A Unified Linear Speedup Analysis of Stochastic and Nesterov Federated Averaging
Abstract: Federated learning (FL) learns a model jointly from a set of participating devices without
sharing each other’s privately held data. The characteristics of non-i.i.d. data across
the network, low device participation, high communication costs, and the mandate that
data remain private bring challenges in understanding the convergence of FL algorithms,
particularly regarding how convergence scales with the number of participating devices. In
this paper, we focus on Federated Averaging (FedAvg), one of the most popular and effective
FL algorithms in use today, and conduct a systematic study of how its convergence scales with
the number of participating devices under non-i.i.d. data and partial participation in convex
settings. We provide a unified analysis that establishes convergence guarantees for FedAvg
under strongly convex, convex, and overparameterized strongly convex problems. We show
that FedAvg enjoys linear speedup in each case, although with different convergence rates and
communication efficiencies.
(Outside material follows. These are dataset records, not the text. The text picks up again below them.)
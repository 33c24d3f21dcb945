-- ===== src/Driver/Pixel/Wire.antt =====
-- driver/pixel: what the LEDs read from the wire.
use agcore.Prelude.{
  ℕ, ◌+◌, ◌/◌, ◌%◌, ◌≤◌, ◌≡◌, refl, ap₂, List, [], ◌∷◌, ◌++◌, Bool, true, false, ◌&&◌, ltb, ◌==◌,
  if◌then◌else◌, arith,
}
use agcore.Driver.Pixel.Rmt.{Symbol}

-- A bit, or what an LED does not take for one.
pub data Pulse : Type 0 where
  bit0 bit1 no_bit : Pulse

abbrev pub to_pulse : ℕ → Pulse
to_pulse b = if b == 1 then bit1 else bit0

-- The bits of a byte, the highest first.
abbrev pub bits_of : ℕ → List Pulse
bits_of v =
    to_pulse (v / 128 % 2)
    ∷ to_pulse (v / 64 % 2)
    ∷ to_pulse (v / 32 % 2)
    ∷ to_pulse (v / 16 % 2)
    ∷ to_pulse (v / 8 % 2)
    ∷ to_pulse (v / 4 % 2)
    ∷ to_pulse (v / 2 % 2)
    ∷ to_pulse (v % 2)
    ∷ []

abbrev pub bits_of_all : List ℕ → List Pulse
bits_of_all [] = []
bits_of_all (v ∷ vs) = bits_of v ++ bits_of_all vs

-- A bit is high first and then low, and a 1 if it is high for longer than it is low.
abbrev pub read_symbol : Symbol → Pulse
read_symbol s =
    if (s.level0 == 1) && (s.level1 == 0) && ltb 0 s.duration0 && ltb 0 s.duration1
    then (if ltb s.duration1 s.duration0 then bit1 else bit0)
    else no_bit

abbrev pub read_symbols : List Symbol → List Pulse
read_symbols [] = []
read_symbols (s ∷ ss) = read_symbol s ∷ read_symbols ss

-- The wire is low for 50 microseconds at least, in ticks of 0.1 microseconds.
pub record IsReset (s : Symbol) : Type 0 where
  pub low0 : s.level0 ≡ 0
  pub low1 : s.level1 ≡ 0
  pub long : 500 ≤ s.duration0 + s.duration1

-- Four bits of SPI, high ones before low ones, as a pulse of as many ticks of 0.4 microseconds; no
-- other four bits are one pulse.
unfoldable pub read_nibble : ℕ → List Pulse
read_nibble n =
    if n == 8
    then read_symbol (record { level0 = 1; duration0 = 1; level1 = 0; duration1 = 3 }) ∷ []
    else if n == 14
    then read_symbol (record { level0 = 1; duration0 = 3; level1 = 0; duration1 = 1 }) ∷ []
    else no_bit ∷ []

unfoldable pub read_spi : List ℕ → List Pulse
read_spi [] = []
read_spi (b ∷ bs) = read_nibble (b / 16) ++ (read_nibble (b % 16) ++ read_spi bs)

abbrev same_pulse : Pulse → Pulse → Bool
same_pulse bit0 bit0 = true
same_pulse bit0 bit1 = false
same_pulse bit0 no_bit = false
same_pulse bit1 bit0 = false
same_pulse bit1 bit1 = true
same_pulse bit1 no_bit = false
same_pulse no_bit bit0 = false
same_pulse no_bit bit1 = false
same_pulse no_bit no_bit = true

same_pulse→eq : (x y : Pulse) → same_pulse x y ≡ true → x ≡ y
same_pulse→eq bit0 bit0 h = refl
same_pulse→eq bit0 bit1 h = cc
same_pulse→eq bit0 no_bit h = cc
same_pulse→eq bit1 bit0 h = cc
same_pulse→eq bit1 bit1 h = refl
same_pulse→eq bit1 no_bit h = cc
same_pulse→eq no_bit bit0 h = cc
same_pulse→eq no_bit bit1 h = cc
same_pulse→eq no_bit no_bit h = refl

-- To compare readings by evaluation.
unfoldable pub same_pulses : List Pulse → List Pulse → Bool
same_pulses [] [] = true
same_pulses [] (y ∷ ys) = false
same_pulses (x ∷ xs) [] = false
same_pulses (x ∷ xs) (y ∷ ys) = same_pulse x y && same_pulses xs ys

and_left : (a b : Bool) → (a && b) ≡ true → a ≡ true
and_left a b h = ground arith

and_right : (a b : Bool) → (a && b) ≡ true → b ≡ true
and_right a b h = ground arith

pub same_pulses→eq : (xs ys : List Pulse) → same_pulses xs ys ≡ true → xs ≡ ys
unfolding same_pulses
same_pulses→eq [] [] h = refl
same_pulses→eq [] (y ∷ ys) h = cc
same_pulses→eq (x ∷ xs) [] h = cc
same_pulses→eq (x ∷ xs) (y ∷ ys) h =
    ap₂ (λ (p : Pulse) (ps : List Pulse). p ∷ ps)
      (same_pulse→eq x y (and_left (same_pulse x y) (same_pulses xs ys) h))
      (same_pulses→eq xs ys (and_right (same_pulse x y) (same_pulses xs ys) h))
For strongly convex and convex problems, we also characterize
the corresponding convergence rates for the Nesterov accelerated FedAvg algorithm, which
are the first linear speedup guarantees for momentum variants of FedAvg in convex settings.
Empirical studies of the algorithms in various settings have supported our theoretical results.
Submission Length: Regular submission (no more than 12 pages of main content)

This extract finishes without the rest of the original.